Edgewalker

I am an edge­walk­er. I am some strange amphib­ian in a world of lakes and raised dikes. I cross from one body of water to anoth­er, swim­ming on the sur­face, per­haps por­pois­ing down, though nev­er to the bot­tom. The bot­tom is deep­er than I am will­ing to go. I wan­der always, rest­less to see more. Each lake is new; the thick­ness of the water, it’s con­sis­ten­cy, it’s chill or sun-warmth. I am a con­nois­seur of water, I taste it in my skin, fil­ter out oxy­gen through my gills, feel the var­ied press of it between my webbed toes as I swim.

I move knowl­edge from one lake to the next. It is a func­tion of mov­ing, at the core of my being; I always will move knowl­edge. It flows in and out of me, seek­ing some kind of equal osmot­ic pres­sure. In new lakes it rush­es in, in old lakes it leaks out. In every lake there is some­thing that can eat me, in every lake there is a small gar­den I can tend and eat from. I tend, for a while. Then I move on.

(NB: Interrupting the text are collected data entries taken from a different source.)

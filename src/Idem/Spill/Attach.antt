-- ===== src/Idem/Spill/Attach.antt =====
-- `attach_dir` (talea-store-log/src/idem_spill.rs): at open the run files are checked and the filter is
-- rebuilt from them; where one cannot be read, or there is none, the runs are rebuilt from the log. The
-- folder has the run files of the disk, and what the closure gives is the argument `log_pairs`.
pub mod Restart
use talea.Prelude.{ℕ, zero, suc, String, Bool, true, false, not, Option, none, some, List, [], ◌∷◌}
use talea.Prelude.{leb, if◌then◌else◌, map}
use talea.Prelude.Eq.{nat_eq, string_eq}
use talea.HashMap.{get, contains_key, remove, HashMap}
use talea.Result.{ok, err}
use talea.Idem.{CommittedRec, RunMeta, Bloom, TieredIdem}
use talea.Idem.Filter.{Hasher, new_bloom, insert_keys}
use talea.Idem.Order.{sort_by_key}
use talea.Idem.Spill.{
  Pairs, Disk, RunFormat, Attempts, read_run, encode_run, write_run_atomic, run_of,
}
use talea.Idem.Spill.{next_run_n}

unfoldable pub insert_number : ℕ → List ℕ → List ℕ
insert_number n [] = n ∷ []
insert_number n (m ∷ ms) = if leb n m then n ∷ m ∷ ms else m ∷ insert_number n ms

unfoldable pub sort_numbers : List ℕ → List ℕ
unfolding insert_number
sort_numbers [] = []
sort_numbers (n ∷ ns) = insert_number n (sort_numbers ns)

-- The numbers of the run files, in their order.
unfoldable pub run_numbers : Disk → List ℕ
unfolding sort_numbers
run_numbers disk = sort_numbers (map (λ (file : ℕ × List ℕ). file.0) disk)

-- The check of the runs: `none` if one cannot be read; an empty run is passed over.
unfoldable pub check_runs : RunFormat → Disk → List ℕ → Option (List RunMeta)
check_runs f disk [] = some []
check_runs f disk (n ∷ ns) = elim (read_run f disk n) [
  | none ↦ none
  | some [] ↦ check_runs f disk ns
  | some (p ∷ pairs) ↦ elim (check_runs f disk ns) [
    | none ↦ none
    | some metas ↦ some (run_of n (p ∷ pairs) ∷ metas)
  ]
]

-- The pairs of the log whose keys are not in the memory.
unfoldable pub not_hot : HashMap String CommittedRec → Pairs → Pairs
not_hot hot [] = []
not_hot hot ((key, rec) ∷ pairs) =
    if not (contains_key key hot) then (key, rec) ∷ not_hot hot pairs else not_hot hot pairs

unfoldable pub remove_numbers : Attempts → List ℕ → Disk → Disk
remove_numbers io [] disk = disk
remove_numbers io (n ∷ ns) disk =
    remove_numbers io ns (if io.removes n then remove n disk else disk)

-- The rebuilt run, if there are pairs for it and it can be written.
unfoldable pub rebuild : RunFormat → Attempts → Pairs → Disk → List RunMeta × Disk
rebuild f io [] disk = ([], disk)
rebuild f io (p ∷ ps) disk = elim (encode_run f (p ∷ ps)) [
  | err e ↦ ([], disk)
  | ok bytes ↦
      let n = next_run_n [] in
      let written = write_run_atomic io n bytes disk in
      if written.1 then (run_of n (p ∷ ps) ∷ [], written.0) else ([], written.0)
]

-- The filter takes the keys of each run that can be read.
unfoldable pub add_runs : RunFormat → Hasher → Disk → List RunMeta → Bloom → Bloom
add_runs f h disk [] b = b
add_runs f h disk (meta ∷ metas) b = elim (read_run f disk meta.number) [
  | none ↦ add_runs f h disk metas b
  | some pairs ↦ add_runs f h disk metas (insert_keys h pairs b)
]

-- What `attach_dir` settles on: the runs, and the files.
unfoldable pub attached_runs :
    RunFormat
    → Attempts
    → Pairs
    → TieredIdem
    → Disk
    → List ℕ
    → Option (List RunMeta)
    → List RunMeta × Disk
attached_runs f io log_pairs t disk (n ∷ ns) (some metas) = (metas, disk)
attached_runs f io log_pairs t disk numbers checked =
    rebuild f io (sort_by_key (not_hot t.hot log_pairs)) (remove_numbers io numbers disk)

unfoldable pub attach_dir :
    RunFormat → Hasher → Attempts → Pairs → TieredIdem → Disk → TieredIdem × Disk
attach_dir f h io log_pairs t disk =
    let numbers = run_numbers disk in
    let (runs, disk') = attached_runs f io log_pairs t disk numbers (check_runs f disk numbers) in
    (record t { runs = runs; bloom = add_runs f h disk' runs (new_bloom t.cap) }, disk')
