-- ===== src/Idem/Spill/Files.antt =====
-- Run files: a run that is written is read back, and a lookup in one finds what its pairs have.
use talea.Prelude.{ℕ, ◌<◌, ◌≡◌, refl, sym, ◌∙◌, ap, String, true, false}
use talea.Prelude.{inl, inr, Option, none, some, List, [], ◌∷◌, ◌++◌, All, All-map}
use talea.Prelude.{Bool-cases, Option-cases, ==_iff, arith, subst}
use talea.Prelude.Eq.{nat_eq, string_eq, ◌=?◌}
use text.Mathlib.TextEquality.{eq_iff}
use talea.HashMap.{get, insert, get-insert, get-insert_self, get-append}
use talea.Result.{ok, or_else, some_inj, ok_inj, Result-cases}
use talea.Frame.{to_le_bytes}
use talea.Frame.RoundTrip.{le_bytes_lem}
use talea.Idem.{CommittedRec, RunMeta}
use talea.Idem.Order.{str_lt, NotBelow, IsSorted}
use talea.Idem.Order.Laws.{ge_trans, lt_irrefl}
use talea.Idem.Order.Search.{AllTrue, binary_search-eq-get, get-none, get-true}
use talea.Idem.Spill.{Pairs, Disk, RunFormat, IsRunFormat, encode_run, decode_run, read_run}
use talea.Idem.Spill.{lookup_run, lookup_runs, next_run_n, min_key, max_key, read_all}

module _ (f : RunFormat) (h : IsRunFormat f) where
  -- A run that was encoded is decoded to the pairs that it was made of, if the JSON codec reads back what
  -- it wrote and the checksum is a `u32`.
  pub decode_run-encode_run :
      (pairs : Pairs) (bytes : List ℕ)
      → encode_run f pairs ≡ ok bytes
      → decode_run f bytes ≡ ok pairs
  unfolding encode_run decode_run to_le_bytes
  decode_run-encode_run pairs bytes e = elim (Result-cases (f.to_vec pairs)) [
    | inr (text, fails) ↦ absurd (ground (arith, e, fails))
    | inl (payload, written) ↦
        let e' = rw (written, encode_run) at e in
        let number = le_bytes_lem (f.hash payload) (h.hash_u32 payload) in
        let checked = (==_iff (f.hash payload) (f.hash payload)).1 refl in
        subst (λ b. decode_run f b ≡ ok pairs) (ok_inj e')
          (rw (number, checked, h.reads_back pairs payload written) refl)
  ]

-- All keys lie between the first and the last.
max_key_lem : (pairs : Pairs) → IsSorted pairs → All (λ p. str_lt (max_key pairs) p.0 ≡ false) pairs
unfolding max_key
max_key_lem [] s = tt
max_key_lem (p ∷ []) s = (lt_irrefl p.0, tt)
max_key_lem (p ∷ q ∷ ps) s =
    let rest = max_key_lem (q ∷ ps) s.1 in (ge_trans p.0 q.0 (max_key (q ∷ ps)) s.0.0 rest.0, rest)

ne_of_lt : (a b key : String) → str_lt a key ≡ true → str_lt a b ≡ false → (b =? key) ≡ false
ne_of_lt a b key l n = elim (Bool-cases (b =? key)) [
  | inr other ↦ other
  | inl same ↦ let k : b ≡ key = (eq_iff b key).0 same in absurd (cc (ap (str_lt a) k, l, n))
]

ne_of_gt : (a b key : String) → str_lt key a ≡ true → str_lt b a ≡ false → (b =? key) ≡ false
ne_of_gt a b key l n = elim (Bool-cases (b =? key)) [
  | inr other ↦ other
  | inl same ↦ let k : b ≡ key = (eq_iff b key).0 same in absurd (cc (ap (λ x. str_lt x a) k, l, n))
]

above_min : (pairs : Pairs) → IsSorted pairs → NotBelow (min_key pairs) pairs
unfolding min_key
above_min [] s = tt
above_min (p ∷ ps) s = (lt_irrefl p.0, s.0)

pub All-split :
    (P : String × CommittedRec → Type 0) (xs ys : Pairs) → All P (xs ++ ys) → All P xs × All P ys
All-split P [] ys h = (tt, h)
All-split P (x ∷ xs) ys h = let rest = All-split P xs ys h.1 in ((h.0, rest.0), rest.1)

module _ (f : RunFormat) (disk : Disk) where
  -- The file of a run is there, sorted, and the run's range is that of its keys.
  pub record IsRun (meta : RunMeta) : Type 0 where
    pub pairs : Pairs
    pub reads : read_run f disk meta.number ≡ some pairs
    pub sorted : IsSorted pairs
    pub range : meta.key_range ≡ (min_key pairs, max_key pairs)

  module _ (T : String → Option CommittedRec) (key : String) where
    pub lookup_run-eq-get :
        (meta : RunMeta) (run : IsRun meta)
        → AllTrue T run.pairs
        → lookup_run f disk key meta ≡ get key run.pairs
    unfolding lookup_run
    lookup_run-eq-get meta run t =
        let lo : meta.key_range.0 ≡ min_key run.pairs = ap (λ p. p.0) run.range in
        let hi : meta.key_range.1 ≡ max_key run.pairs = ap (λ p. p.1) run.range in
        elim (Bool-cases (str_lt key meta.key_range.0)) [
          | inl below ↦
              let b : str_lt key (min_key run.pairs) ≡ true = ap (str_lt key) (sym lo) ∙ below in
              let far =
                All-map _ _
                  (λ (p : String × CommittedRec) (n : str_lt p.0 (min_key run.pairs) ≡ false).
                    ne_of_gt (min_key run.pairs) p.0 key b n)
                  run.pairs (above_min run.pairs run.sorted) in
              rw below (sym (get-none key run.pairs far))
          | inr not_below ↦ elim (Bool-cases (str_lt meta.key_range.1 key)) [
            | inl above ↦
                let b : str_lt (max_key run.pairs) key ≡ true =
                  ap (λ x. str_lt x key) (sym hi) ∙ above in
                let far =
                  All-map _ _
                    (λ (p : String × CommittedRec) (n : str_lt (max_key run.pairs) p.0 ≡ false).
                      ne_of_lt (max_key run.pairs) p.0 key b n)
                    run.pairs (max_key_lem run.pairs run.sorted) in
                rw (not_below, above) (sym (get-none key run.pairs far))
            | inr inside ↦
                rw (not_below, inside, run.reads)
                  (binary_search-eq-get T key run.pairs run.sorted t)
          ]
        ]

    -- Where all pairs agree, the order of the runs does not matter.
    agree :
        (xs ys : Pairs)
        → AllTrue T xs
        → AllTrue T ys
        → or_else (get key ys) (get key xs) ≡ or_else (get key xs) (get key ys)
    agree xs ys s t = elim (Option-cases (get key ys)) [
      | inl no_y ↦ elim (Option-cases (get key xs)) [
        | inl no_x ↦ rw (no_x, no_y) refl
        | inr (r, x) ↦ rw (x, no_y) refl
      ]
      | inr (r, y) ↦ elim (Option-cases (get key xs)) [
        | inl no_x ↦ rw (no_x, y) refl
        | inr (r', x) ↦ rw (x, y) (sym (get-true T key ys t y) ∙ get-true T key xs s x)
      ]
    ]

  abbrev pub Runs : List RunMeta → Type 0
  Runs = All (λ meta. IsRun meta)

  pub read_all-cons :
      (meta : RunMeta) (newer : List RunMeta) (run : IsRun meta) {all : Pairs}
      → read_all f disk (meta ∷ newer) ≡ some all
      → (rest : Pairs) × (read_all f disk newer ≡ some rest) × (run.pairs ++ rest ≡ all)
  unfolding read_all
  read_all-cons meta newer run e = elim (Option-cases (read_all f disk newer)) [
    | inl stuck ↦ absurd (ground (arith, run.reads, stuck, e))
    | inr (rest, later) ↦ (rest, later, some_inj (sym (rw (run.reads, later, read_all) refl) ∙ e))
  ]

  -- The lookup from the newest run back finds what the pairs of all runs have.
  pub lookup_runs-eq-get :
      (T : String → Option CommittedRec) (key : String) (runs : List RunMeta) {all : Pairs}
      → Runs runs
      → read_all f disk runs ≡ some all
      → AllTrue T all
      → lookup_runs f disk key runs ≡ get key all
  unfolding lookup_runs read_all get
  lookup_runs-eq-get T key [] {all} rs e t = subst (λ a. none ≡ get key a) (some_inj e) refl
  lookup_runs-eq-get T key (meta ∷ newer) {all} rs e t =
      let run = rs.0 in
      let (rest, later, whole) = read_all-cons meta newer run e in
      let true_parts = All-split _ run.pairs rest (subst (AllTrue T) (sym whole) t) in
      let here = lookup_run-eq-get T key meta run true_parts.0 in
      let there = lookup_runs-eq-get T key newer rs.1 later true_parts.1 in
      let both = agree T key run.pairs rest true_parts.0 true_parts.1 in
      let joined = get-append key run.pairs rest ∙ sym both in
      subst (λ a. lookup_runs f disk key (meta ∷ newer) ≡ get key a) whole
        (ground (arith, here, there, joined))

-- The number that is next is above those of all runs.
pub next_run_n-above : (runs : List RunMeta) → All (λ meta. meta.number < next_run_n runs) runs
unfolding next_run_n
next_run_n-above [] = tt
next_run_n-above (meta ∷ runs) = (
  omega arith,
  All-map _ _ (λ (m : RunMeta) (b : m.number < next_run_n runs). omega arith) runs
      (next_run_n-above runs),
)

module _ (f : RunFormat) (n : ℕ) (bytes : List ℕ) (disk : Disk) where
  read_run-insert_other : (m : ℕ) → m < n → read_run f (insert n bytes disk) m ≡ read_run f disk m
  unfolding read_run
  read_run-insert_other m b =
      let ne : (n =? m) ≡ false = ground (arith, b) in
      let g : get m (insert n bytes disk) ≡ get m disk = get-insert n m bytes disk ∙ rw ne refl in
      rw (g, read_run) refl

  -- A file of a higher number changes no run.
  pub Runs-insert :
      (runs : List RunMeta)
      → All (λ meta. meta.number < n) runs
      → Runs f disk runs
      → Runs f (insert n bytes disk) runs
  Runs-insert [] b rs = tt
  Runs-insert (meta ∷ runs) b rs =
      let run = rs.0 in
      (
        record {
          pairs = run.pairs;
          reads = read_run-insert_other meta.number b.0 ∙ run.reads;
          sorted = run.sorted;
          range = run.range;
        },
        Runs-insert runs b.1 rs.1,
      )

  pub read_all-insert :
      (runs : List RunMeta)
      → All (λ meta. meta.number < n) runs
      → read_all f (insert n bytes disk) runs ≡ read_all f disk runs
  unfolding read_all
  read_all-insert [] b = refl
  read_all-insert (meta ∷ runs) b =
      ground (arith, read_run-insert_other meta.number b.0, read_all-insert runs b.1)

  pub read_run-insert_self :
      {pairs : Pairs}
      → decode_run f bytes ≡ ok pairs
      → read_run f (insert n bytes disk) n ≡ some pairs
  unfolding read_run
  read_run-insert_self e = rw (get-insert_self n bytes disk, e, read_run) refl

I haul myself out of one lake. Its inhab­i­tants mar­vel at my abil­i­ty to live out­side of the water. I know I am mere­ly crawl­ing where oth­ers can run. I cross to anoth­er, to a new realm with a new king and new laws. The pat­tern remains. In cross­ing from one to anoth­er I car­ry with me some of the old and the sparkle of the new. In some lakes I am king for a while. In some lakes I can bare­ly swim, the water is too slip­pery to sup­port me and I thrash to live, gain­ing the shore and gasp­ing for a while. Per­haps I wade in the shal­lows there for a while, peer­ing into the deep.

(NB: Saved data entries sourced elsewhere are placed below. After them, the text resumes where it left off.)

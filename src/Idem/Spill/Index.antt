-- ===== src/Idem/Spill/Index.antt =====
-- The index stands for a finite map of keys to commits: what `get` answers is that map, whether a key is
-- in the memory or in a run.
use talea.Prelude.{◌≡◌, ◌≢◌, refl, sym, ◌∙◌, ap, String, true, inl}
use talea.Prelude.{inr, Option, none, some, All, All-map, if◌then◌else◌, Bool-cases}
use talea.Prelude.{Option-cases, arith}
use talea.Prelude.Eq.{string_eq, ◌=?◌}
use talea.HashMap.{get, get-insert, get-All}
use talea.Result.{or_else}
use text.Mathlib.TextEquality.{eq_iff}
use talea.Idem.{CommittedRec, TieredIdem, idem_insert}
use talea.Idem.Filter.{Hasher, might_contain}
use talea.Idem.Filter.Sound.{IsBloom}
use talea.Idem.Order.Search.{AllTrue}
use talea.Idem.Spill.{Pairs, Disk, RunFormat, read_all, lookup_runs, idem_get}
use talea.Idem.Spill.Files.{Runs, lookup_runs-eq-get}

-- A map of keys to commits.
abbrev pub Known : Type 0
Known = String → Option CommittedRec

known_before :
    (key : String) (rec : CommittedRec) (known : Known)
    → known key ≡ none
    → (p : String × CommittedRec) → known p.0 ≡ some p.1
    → (if key =? p.0 then some rec else known p.0) ≡ some p.1
known_before key rec known fresh p e = elim (Bool-cases (key =? p.0)) [
  | inr other ↦ rw other e
  | inl same ↦ let k : key ≡ p.0 = (eq_iff key p.0).0 same in absurd (cc (fresh, ap known k, e))
]

inserted :
    (key : String) (rec : CommittedRec) (other : String) (known : Known) (o : Option CommittedRec)
    {r : CommittedRec}
    → ((s : CommittedRec) → o ≡ some s → known other ≡ some s)
    → (if key =? other then some rec else o) ≡ some r
    → (if key =? other then some rec else known other) ≡ some r
inserted key rec other known o {r} h e = elim (Bool-cases (key =? other)) [
  | inl same ↦ rw same (rw same at e)
  | inr new ↦ rw new (h r (rw new at e))
]

module _ (f : RunFormat) (h : Hasher) (disk : Disk) where
  -- The index, with the files as they are, stands for the map `known`.
  pub record IsIndex (t : TieredIdem) (known : Known) : Type 0 where
    pub all : Pairs
    pub readable : read_all f disk t.runs ≡ some all
    pub runs : Runs f disk t.runs
    pub runs_true : AllTrue known all
    pub hot_true : (key : String) (r : CommittedRec) → get key t.hot ≡ some r → known key ≡ some r
    pub complete : (key : String) → or_else (get key t.hot) (get key all) ≡ known key
    pub bloom : IsBloom t.bloom
    pub passes : All (λ p. might_contain h p.0 t.bloom ≡ true) all

  module _ (t : TieredIdem) (known : Known) (i : IsIndex t known) where
    pub lookup_runs-all : (key : String) → lookup_runs f disk key t.runs ≡ get key i.all
    lookup_runs-all key = lookup_runs-eq-get f disk known key t.runs i.runs i.readable i.runs_true

    pub passes-lookup_runs :
        (key : String) → lookup_runs f disk key t.runs ≢ none → might_contain h key t.bloom ≡ true
    passes-lookup_runs key there = elim (Option-cases (get key i.all)) [
      | inl absent ↦ absurd (there (lookup_runs-all key ∙ absent))
      | inr (r, present) ↦
          get-All (λ p. might_contain h p.0 t.bloom ≡ true) key i.all i.passes present
    ]

    -- Let the index, with the run files as they are, stand for a map of keys to commits. Then `get`
    -- answers for every key what the map has, by the memory, or by the filter and the runs.
    pub idem_get-eq : (key : String) → idem_get f h disk key t ≡ known key
    unfolding idem_get
    idem_get-eq key =
        let all = i.complete key in
        let found = lookup_runs-all key in
        elim (Option-cases (get key t.hot)) [
          | inr (r, hot) ↦ rw (hot, idem_get) (sym (i.hot_true key r hot))
          | inl cold ↦ elim (Bool-cases (might_contain h key t.bloom)) [
            | inl maybe ↦ rw (cold, maybe, idem_get) (found ∙ sym (rw cold refl) ∙ all)
            | inr never ↦ elim (Option-cases (get key i.all)) [
              | inl absent ↦ rw (cold, never, idem_get) (sym (sym all ∙ rw (cold, absent) refl))
              | inr (r, present) ↦ absurd (
                  cc (
                    never,
                    get-All (λ p. might_contain h p.0 t.bloom ≡ true) key i.all i.passes present,
                  ))
            ]
          ]
        ]

  -- The insertion of a key that the map does not have adds its commit to the map.
  pub idem_insert-IsIndex :
      (key : String) (rec : CommittedRec) (t : TieredIdem) (known : Known)
      → known key ≡ none
      → IsIndex t known
      → IsIndex (idem_insert key rec t) (λ other. if key =? other then some rec else known other)
  unfolding idem_insert
  idem_insert-IsIndex key rec t known fresh i = record {
    all = i.all;
    readable = i.readable;
    runs = i.runs;
    runs_true = All-map _ _ (known_before key rec known fresh) i.all i.runs_true;
    hot_true = λ other r e.
        inserted key rec other known (get other t.hot) (i.hot_true other)
          (sym (get-insert key other rec t.hot) ∙ e);
    complete = λ other. ground (arith, get-insert key other rec t.hot, i.complete other);
    bloom = i.bloom;
    passes = i.passes;
  }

Occa­sion­al­ly I fly, in my dreams. I see all the lakes stretch­ing to the hori­zon; there is no end to them, no end to the new. The pat­tern repeats over and over, always slight­ly dif­fer­ent, always the same enough that I am home in any lake, and none.

In some lakes they fight each oth­er. In every lake, they fight each oth­er, strug­gling to see who is the best, who has the best ideas, the best way. They fight, and win, and die, all for the same lake.

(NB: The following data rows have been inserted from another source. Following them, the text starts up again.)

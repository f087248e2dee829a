-- ===== src/Idem/Spill/Drain.antt =====
-- The drain takes pairs out of the memory, and the failed flush returns them: no key is lost on the way.
use talea.Prelude.{ℕ, zero, suc, ◌≡◌, refl, sym, ◌∙◌, ap, String, inl}
use talea.Prelude.{inr, Option, none, some, List, [], ◌∷◌, Bool-cases}
use talea.Prelude.{Option-cases, arith}
use talea.Prelude.Eq.{string_eq, ◌=?◌}
use talea.HashMap.{HashMap, get, remove, get-remove}
use talea.Result.{or_else}
use text.Mathlib.TextEquality.{eq_iff}
use talea.Idem.{CommittedRec}
use talea.Idem.Order.Search.{AllTrue, or_else-none}
use talea.Idem.Spill.{drain}
use talea.Idem.Spill.Index.{Known}

pub left_none : (o p : Option CommittedRec) → or_else o p ≡ none → o ≡ none
left_none none p e = refl
left_none (some r) p e = cc

removed :
    (k key : String) (hot : HashMap String CommittedRec) {r : CommittedRec}
    → get key (remove k hot) ≡ some r
    → get key hot ≡ some r
removed k key hot e = ground (arith, get-remove k key hot, e)

-- What each key had in the memory it has in what is left of it, or in what was taken.
pub get-drain :
    (n : ℕ) (order : List String) (hot : HashMap String CommittedRec) (key : String)
    → or_else (get key (drain n order hot).hot) (get key (drain n order hot).spilled) ≡ get key hot
unfolding drain get
get-drain zero order hot key = or_else-none (get key hot)
get-drain (suc n) [] hot key = or_else-none (get key hot)
get-drain (suc n) (k ∷ order) hot key = elim (Option-cases (get k hot)) [
  | inl absent ↦ rw (absent, drain) (get-drain n order hot key)
  | inr (rec, there) ↦
      let ih = get-drain n order (remove k hot) key in
      let g = get-remove k key hot in
      elim (Bool-cases (k =? key)) [
        | inl same ↦
            let e : k ≡ key = (eq_iff k key).0 same in
            let gone : get key (remove k hot) ≡ none = g ∙ rw same refl in
            let cold = left_none (get key (drain n order (remove k hot)).hot) _ (ih ∙ gone) in
            rw (there, drain, cold, get, same) (sym (ap (λ j. get j hot) (sym e) ∙ there))
        | inr other ↦ rw (there, drain, get, other) (ih ∙ g ∙ rw other refl)
      ]
]

-- What is left was there.
pub get-drain_hot :
    (n : ℕ) (order : List String) (hot : HashMap String CommittedRec) (key : String)
    {r : CommittedRec}
    → get key (drain n order hot).hot ≡ some r
    → get key hot ≡ some r
get-drain_hot n order hot key e = sym (sym (rw e refl) ∙ get-drain n order hot key)

pub drain-AllTrue :
    (known : Known) (n : ℕ) (order : List String) (hot : HashMap String CommittedRec)
    → ((key : String) (r : CommittedRec) → get key hot ≡ some r → known key ≡ some r)
    → AllTrue known (drain n order hot).spilled
unfolding drain
drain-AllTrue known zero order hot h = tt
drain-AllTrue known (suc n) [] hot h = tt
drain-AllTrue known (suc n) (k ∷ order) hot h = elim (Option-cases (get k hot)) [
  | inl absent ↦ rw (absent, drain) (drain-AllTrue known n order hot h)
  | inr (rec, there) ↦
      let left = λ (key : String) (r : CommittedRec) (e : get key (remove k hot) ≡ some r).
        h key r (removed k key hot e) in
      rw (there, drain) (h k rec there, drain-AllTrue known n order (remove k hot) left)
]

Some are like me. I meet them on the high ground. We cross paths like bears in a wood; I see them, they see me. Per­haps we stop and smell for a while, sens­ing the trav­els and tra­vails and vic­to­ries of the oth­er. Then we move on, for bears do not run in packs, and only sel­dom gath­er to dance in a great cir­cle under the moon, silent in ecsta­sy that none oth­er know.

I wish, maybe, to live in just one lake, to know the cast of the bot­tom as a child’s basin and every plant and grain of grav­el and ancient gur­gling of his­to­ry in it, so that no mys­ter­ies remain. Then mys­tery calls me again, and I move to the next. I am an edgewalker.